FOCUS: M.Video, Sberbank, Alfa-Bank team up to use blockchain in factoring - News Archive - PRIME Business News Agency - All News Politics Economy Business Wire Financial Wire Oil Gas Chemical Industry Power Industry Metals Mining Pulp Paper Agro Commodities Transport Automobile Construction Real Estate Telecommunications Engineering Hi-Tech Consumer Goods Retail Calendar Our Features Interviews Opinions Press Releases

FOCUS: M.Video, Sberbank, Alfa-Bank team up to use blockchain in factoring

By Yekaterina Yezhova

MOSCOW, Oct 23 (PRIME) -- Large Russian electronics retailer M.Video is moving ahead of the curve with Sberbank Factoring, a unit of Sberbank, and Alfa-Bank with the use of launch of blockchain, a famous distributed database technology in the financial industry, in factoring. Analysts said the partners, whose investment is seen at 100–200 million rubles, will sell the solution to other firms.

“Factoring is one of those directions where blockchain could cut costs in view of tens of thousands of documents a day, which are handled by people, and a human being is a very ineffective tool to check figures and fill in monotonous forms. The innovation will be applied to the market worth 2 trillion rubles and could save 200 million rubles per year in total for its users,” Finam analyst Leonid Delitsyn told PRIME.

M.Video’s Financial Director Yekaterina Sokolova said in a statement on October 13, when the consortium was made public, that an annual turnover of factoring operations between M.Video and its suppliers amounts to billions of rubles and tens of thousands of waybills earlier processed by hand, e-mail, phone, and paper documents. Blockchain automatized checking of shipping documents and helps avoid the risk of confidentiality leaks and fraud, reduce operating costs, speed up and facilitate factoring payments.
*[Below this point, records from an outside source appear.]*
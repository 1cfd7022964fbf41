-- ===== src/Breaker.antt =====
-- crates/moaray/src/breaker.rs: the per-upstream circuit breaker. An `Instant` is a number of
-- nanoseconds on the monotonic clock. A method takes the record under the mutex and returns it.
pub mod Invariant
pub mod Trips
pub mod Recovery
pub mod Probes
mod Examples
use moaray.Base.{
  ℕ, ◌+◌, ◌-◌, ◌*◌, ◌%◌, ◌^◌, Bool, true, false, Option, none, some, leb, if◌then◌else◌,
}
use moaray.Core.Error.{Error, circuit_open}
use moaray.Base.Result.{Result, ok, err}
use moaray.Config.Runtime.{BreakerConfig}

pub data BreakerState : Type 0 where
  closed open_ half_open : BreakerState

pub data Admission : Type 0 where
  normal probe : Admission

pub record Breaker : Type 0 where
  pub cfg : BreakerConfig
  pub state : BreakerState
  pub consecutive_failures : ℕ
  pub consecutive_successes : ℕ
  pub opened_at : Option ℕ
  pub probe_in_flight : Bool

-- A release build's `u32` addition.
abbrev pub u32 : ℕ → ℕ
u32 n = n % 2 ^ 32

abbrev pub nanos_of_millis : ℕ → ℕ
nanos_of_millis ms = ms * 1000000

unfoldable pub new : BreakerConfig → Breaker
new cfg = record {
  cfg = cfg;
  state = closed;
  consecutive_failures = 0;
  consecutive_successes = 0;
  opened_at = none;
  probe_in_flight = false;
}

-- `duration_since` is zero for an earlier instant, as truncated subtraction is.
abbrev pub cooled_down : Breaker → ℕ → Bool
cooled_down b now = elim b.opened_at [
  | none ↦ false
  | some t ↦ leb (nanos_of_millis b.cfg.open_ms) (now - t)
]

check_from : BreakerState → Breaker → ℕ → Breaker × Result Admission Error
check_from closed b now = (b, ok normal)
check_from half_open b now =
    if b.probe_in_flight
    then (b, err circuit_open)
    else (record b { probe_in_flight = true }, ok probe)
check_from open_ b now =
    if cooled_down b now
    then (
      record b { state = half_open; consecutive_successes = 0; probe_in_flight = true },
      ok probe,
    )
    else (b, err circuit_open)

unfoldable pub check_at : Breaker → ℕ → Breaker × Result Admission Error
unfolding check_from
check_at b now = check_from b.state b now

probe_success : Breaker → Breaker
probe_success b =
    let n = u32 (b.consecutive_successes + 1) in
    if leb b.cfg.half_open_successes n
    then record b {
      state = closed;
      consecutive_failures = 0;
      consecutive_successes = 0;
      opened_at = none;
      probe_in_flight = false;
    }
    else record b { consecutive_successes = n; probe_in_flight = false }

on_success_from : BreakerState → Admission → Breaker → Breaker
unfolding probe_success
on_success_from closed a b = record b { consecutive_failures = 0 }
on_success_from half_open probe b = probe_success b
on_success_from half_open normal b = b
on_success_from open_ a b = b

unfoldable pub on_success_at : Breaker → ℕ → Admission → Breaker
unfolding on_success_from
on_success_at b now a = on_success_from b.state a b

on_failure_from : BreakerState → Admission → Breaker → ℕ → Breaker
on_failure_from closed a b now =
    let n = u32 (b.consecutive_failures + 1) in
    if leb b.cfg.failure_threshold n
    then record b { consecutive_failures = n; state = open_; opened_at = some now }
    else record b { consecutive_failures = n }
on_failure_from half_open probe b now = record b {
  state = open_;
  opened_at = some now;
  consecutive_successes = 0;
  probe_in_flight = false;
}
on_failure_from half_open normal b now = b
on_failure_from open_ a b now = record b { opened_at = some now }

unfoldable pub on_failure_at : Breaker → ℕ → Admission → Breaker
unfolding on_failure_from
on_failure_at b now a = on_failure_from b.state a b now

abbrev is_half_open : BreakerState → Bool
is_half_open half_open = true
is_half_open _ = false

unfoldable pub release_probe : Breaker → Breaker
release_probe b = if is_half_open b.state then record b { probe_in_flight = false } else b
“Blockchain technologies are available and easy to integrate, which is good for our suppliers. Every fifth M.Video partner uses blockchain for factoring. We plan to engage the bulk of banks-factors to the blockchain platform gradually this year,” she said then.

The companies launched an open blockchain platform for factoring operations, which can be joined by an unlimited number of banks and factoring companies with all information on deals kept confidential. Factoring is a financial transaction and a type of debtor financing in which a business sells its accounts receivable, invoices, to a third party, called a factor, at a discount.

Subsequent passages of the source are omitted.